木下氏 IID 世田谷ものづくり学校は、世田谷区が掲げている産業振興の一環として、地域特性を生かしたモノづくりを根付かせ、広めていくことを目的に2004年10月に設立されました。IIDというのは、「IKEJIRI INSTITUTE of Design」の略称です。ここをデザインの研究機関のような場所にすることで、それを生かした地域特化型のモノづくりを世田谷から広めていこうという意味が込められています。ここからモノづくりを産業として育てていこうというのがIIDの原点です。

 産業として育てるというのは、IIDを工場のような存在にするのではなく、モノづくりを中心にそこにさまざまな方々が集まるような場所としてモノづくりを広めていきたいという意味です。そのために、IIDは「仕事」のための場所だけではなく、誰にでも開かれた学びや遊びの場所でもあります。
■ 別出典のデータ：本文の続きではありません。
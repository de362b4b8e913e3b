-- ===== src/PaymentSchedules/Routes.antt =====
-- The handlers of backend/src/routes/payment-schedules.js that change a schedule. `is_address` is the
-- test of a Stellar address, which rests on the SDK. An error that a handler raises is answered by
-- Express; a text's length is that of its code points. The details of an update leave out the updates.
use stellar_royalty_splitter.Prelude.{
  ℕ, String, Bool, true, not, ◌&&◌, ◌||◌, Option, none, some, List, [], ◌∷◌, ◌==◌, nat_eq,
  string_eq, if◌then◌else◌, any, length, leb, is_some,
}
use stellar_royalty_splitter.Prelude.Text.{Text, codes, parse_decimal, nan, pos, neg, is_strkey}
use stellar_royalty_splitter.Schedule.Months.{Date}
use stellar_royalty_splitter.Audit.{string, number, fields, Log, add_audit_log}
use stellar_royalty_splitter.PaymentSchedules.Store.{
  PaymentSchedule, Store, NewSchedule, Updates, merged, get_payment_schedule,
  create_payment_schedule, update_payment_schedule, delete_payment_schedule, set_next_run_at,
}
use stellar_royalty_splitter.PaymentSchedules.Job.{World, Clock, next_run}

pub data Reply : Type 0 where
  bad_request : List String → Reply
  invalid_id not_found raised : Reply
  created : PaymentSchedule → Reply
  updated : Option PaymentSchedule → Reply
  deleted : Reply

-- A field and whether it passes.
abbrev pub Check : Type 0
Check = String × Bool

abbrev pub issues : List Check → List String
issues [] = []
issues ((field, passes) ∷ checks) =
    let rest = issues checks in if passes then rest else field ∷ rest

abbrev pub between : ℕ → ℕ → ℕ → Bool
between low high n = leb low n && leb n high

abbrev pub optional {ℓ} : {A : Type ℓ} → (A → Bool) → Option A → Bool
optional p none = true
optional p (some a) = p a

abbrev has_length : ℕ → ℕ → String → Bool
has_length low high s = between low high (length (codes s))

abbrev pub schedule_types : List String
schedule_types = "monthly" ∷ ("biweekly" ∷ ("weekly" ∷ ("custom" ∷ [])))

module _ (is_address : Text → Bool) where
  abbrev pub base_checks : NewSchedule → List Check
  base_checks d =
      ("hourOfDay", leb d.hour_of_day 23)
      ∷ (("type", any (λ t. d.type == t) schedule_types)
          ∷ (("intervalDays", optional (between 1 365) d.interval_days)
              ∷ (("dayOfMonth", optional (between 1 28) d.day_of_month)
                  ∷ (("dayOfWeek", optional (λ n. leb n 6) d.day_of_week)
                      ∷ (("name", has_length 1 100 d.name)
                          ∷ (("contractId", is_strkey b'C' (codes d.contract_id))
                              ∷ (("tokenId", is_strkey b'C' (codes d.token_id))
                                  ∷ (("walletAddress", is_address (codes d.wallet_address))
                                      ∷ (("timezone", has_length 1 50 d.timezone) ∷ [])))))))))

  abbrev pub refined_checks : NewSchedule → List Check
  refined_checks d =
      ("dayOfMonth", not (d.type == "monthly") || is_some d.day_of_month)
      ∷ (("dayOfWeek", not (d.type == "weekly") || is_some d.day_of_week)
          ∷ ((
            "anchorDate",
            not (d.type == "biweekly" || d.type == "custom") || is_some d.anchor_date,
          )
              ∷ (("intervalDays", not (d.type == "custom") || is_some d.interval_days) ∷ [])))

  -- The refinements of `createScheduleSchema` run on a well-formed body only.
  abbrev pub create_issues : NewSchedule → List String
  create_issues d =
      let wrong = issues (base_checks d) in
      if length wrong == 0 then issues (refined_checks d) else wrong

  module _ (calendar : Date → ℕ) (clock : Clock) where
    abbrev with_next_run : PaymentSchedule → Option ℕ → Store → PaymentSchedule × Store
    with_next_run row none s = (row, s)
    with_next_run row (some t) s =
        (record row { next_run_at = some t }, set_next_run_at row.id t clock.now.ms s)

    abbrev answered : Reply → Option Log → World → Reply × World
    answered reply none w = (raised, w)
    answered reply (some log) w = (reply, record w { log = log })

    -- `POST /`
    unfoldable pub post_schedule : NewSchedule → World → Reply × World
    unfolding next_run create_payment_schedule set_next_run_at add_audit_log is_strkey
    post_schedule d w =
        let (row, created_in) = create_payment_schedule d clock.now.ms w.schedules in
        let (shown, stored) = with_next_run row (next_run calendar row clock.now) created_in in
        let details = fields (
          (codes "scheduleId", number row.id)
          ∷ ((codes "type", string d.type) ∷ ((codes "name", string d.name) ∷ []))) in
        if length (create_issues d) == 0
        then answered (created shown)
            (add_audit_log d.contract_id "payment_schedule_created" (some d.wallet_address) details
              clock.text w.log)
            (record w { schedules = stored })
        else (bad_request (create_issues d), w)

    -- `updateScheduleSchema`
    abbrev update_issues : Updates → List String
    update_issues u = issues (
        ("name", optional (has_length 1 100) u.name)
        ∷ (("dayOfMonth", optional (optional (between 1 28)) u.day_of_month)
            ∷ (("dayOfWeek", optional (optional (λ n. leb n 6)) u.day_of_week)
                ∷ (("intervalDays", optional (optional (between 1 365)) u.interval_days)
                    ∷ (("hourOfDay", optional (λ n. leb n 23) u.hour_of_day)
                        ∷ (("timezone", optional (has_length 1 50) u.timezone) ∷ []))))))

    abbrev changes_timing : Updates → Bool
    changes_timing u =
        is_some u.day_of_month
        || (is_some u.day_of_week
            || (is_some u.interval_days
                || (is_some u.anchor_date || (is_some u.hour_of_day || is_some u.enabled))))

    abbrev recomputed : ℕ → Option ℕ → Store → Store
    recomputed id none s = s
    recomputed id (some t) s = set_next_run_at id t clock.now.ms s

    abbrev patch_existing : ℕ → Updates → Option PaymentSchedule → World → Reply × World
    patch_existing id u none w = (not_found, w)
    patch_existing id u (some existing) w =
        let (row, changed) = update_payment_schedule id u clock.now.ms w.schedules in
        let m = merged u existing in
        let stored =
          if changes_timing u && m.enabled
          then recomputed id (next_run calendar m clock.now) changed
          else changed in
        if length (update_issues u) == 0
        then answered (updated row)
            (add_audit_log existing.contract_id "payment_schedule_updated" (some "system")
              (fields ((codes "scheduleId", number id) ∷ [])) clock.text w.log)
            (record w { schedules = stored })
        else (bad_request (update_issues u), w)

    -- `PATCH /:id`
    unfoldable pub patch_schedule : Text → Updates → World → Reply × World
    unfolding parse_decimal next_run update_payment_schedule set_next_run_at add_audit_log
    patch_schedule param u w = elim (parse_decimal param) [
      | nan ↦ (invalid_id, w)
      | neg n ↦ (invalid_id, w)
      | pos n ↦
          if leb 1 n
          then patch_existing n u (get_payment_schedule n w.schedules) w
          else (invalid_id, w)
    ]

    abbrev delete_existing : ℕ → Option PaymentSchedule → World → Reply × World
    delete_existing id none w = (not_found, w)
    delete_existing id (some existing) w =
        answered deleted
          (add_audit_log existing.contract_id "payment_schedule_deleted" (some "system")
            (fields ((codes "scheduleId", number id) ∷ ((codes "name", string existing.name) ∷ [])))
            clock.text w.log)
          (record w { schedules = delete_payment_schedule id w.schedules })

    -- `DELETE /:id`
    unfoldable pub delete_schedule : Text → World → Reply × World
    unfolding parse_decimal delete_payment_schedule add_audit_log
    delete_schedule param w = elim (parse_decimal param) [
      | nan ↦ (invalid_id, w)
      | neg n ↦ (invalid_id, w)
      | pos n ↦
          if leb 1 n
          then delete_existing n (get_payment_schedule n w.schedules) w
          else (invalid_id, w)
    ]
MONOist これまでのIIDの取り組みについて教えてください。

木下氏 IIDは産業振興の拠点であると同時に、地域貢献や観光拠点でもあります。ただ、企業にオフィスのレンタルを行うということではなく、ワークショップやイベントを通じて地域の方とコミュニケーションがとれるようにしています。現在、年に3回から4回の大きなイベントを開催したり、毎週末にクリエイターやデザイナーの仕事を通じてモノづくりやデザインの本質を知ってもらえるようなイベントを、年間400回ほど企画しています。

IID 世田谷ものづくり学校の校内(左)と併設されているギャラリースペース(右)(クリックで拡大)

 こういった取り組みを10年間続けてきた結果、IIDを訪れたクリエイターの方たちの間で新しい企画が生まれたり、ワークショップやイベントを通じて周辺地域の方々とのコミュニケーションを取れるような土壌を築くことができました。また、IIDの中にはオフィスだけでなく、ギャラリーやイベントスペースも併設しています。そういった校内施設を活用してきたことで、IIDに業種や肩書などを問わず、さまざまな方が訪れてくれるような環境を整えることができました。

個人や中小企業のアイデアを実現するためのハブに

MONOist IIDは2014年の秋から、「New Season」としてより本格的に個人や中小企業と連携する方針を打ち出しています。その背景にはどういった理由があったのでしょうか?

木下氏 先ほどお話したように、IIDの当初の設立目的は、IIDからモノづくりを産業として広めていこうというものでした。これまでの活動で、IIDは「廃校を活用した面白い施設」という印象が強かったと思います。本当は両輪でなければいけなかったのですが、これまでの目立つ活動は、ワークショップやイベントなど、B2C向けのものが多かった。でも、2014年の秋からは、10年かけて作ったこのコミュニティーを活用してしっかりと産業として育てていこうという方針になりました。これまでの活動の蓄積によって、やっとそういったところまで手が届くようになったという感覚ですね。

 IIDに集まってくるような、個人や中小企業のクリエイターの方が考えたものを、高いクオリティーで実現させるためには、日本の製造業の技術が必要なのではないかと考えています。中小企業や個人のクリエイターが作るモノを、大量生産品と差別化するには、優れたデザインや機能を有するとともに、売り方などまでを含めてブランディングするというのが良い方法ではないかなと。そこで、IIDを中小企業や個人のクリエイターと、技術を持っている方々とをつなげるハブのような存在にしようというのが最近の大きな方針なのです。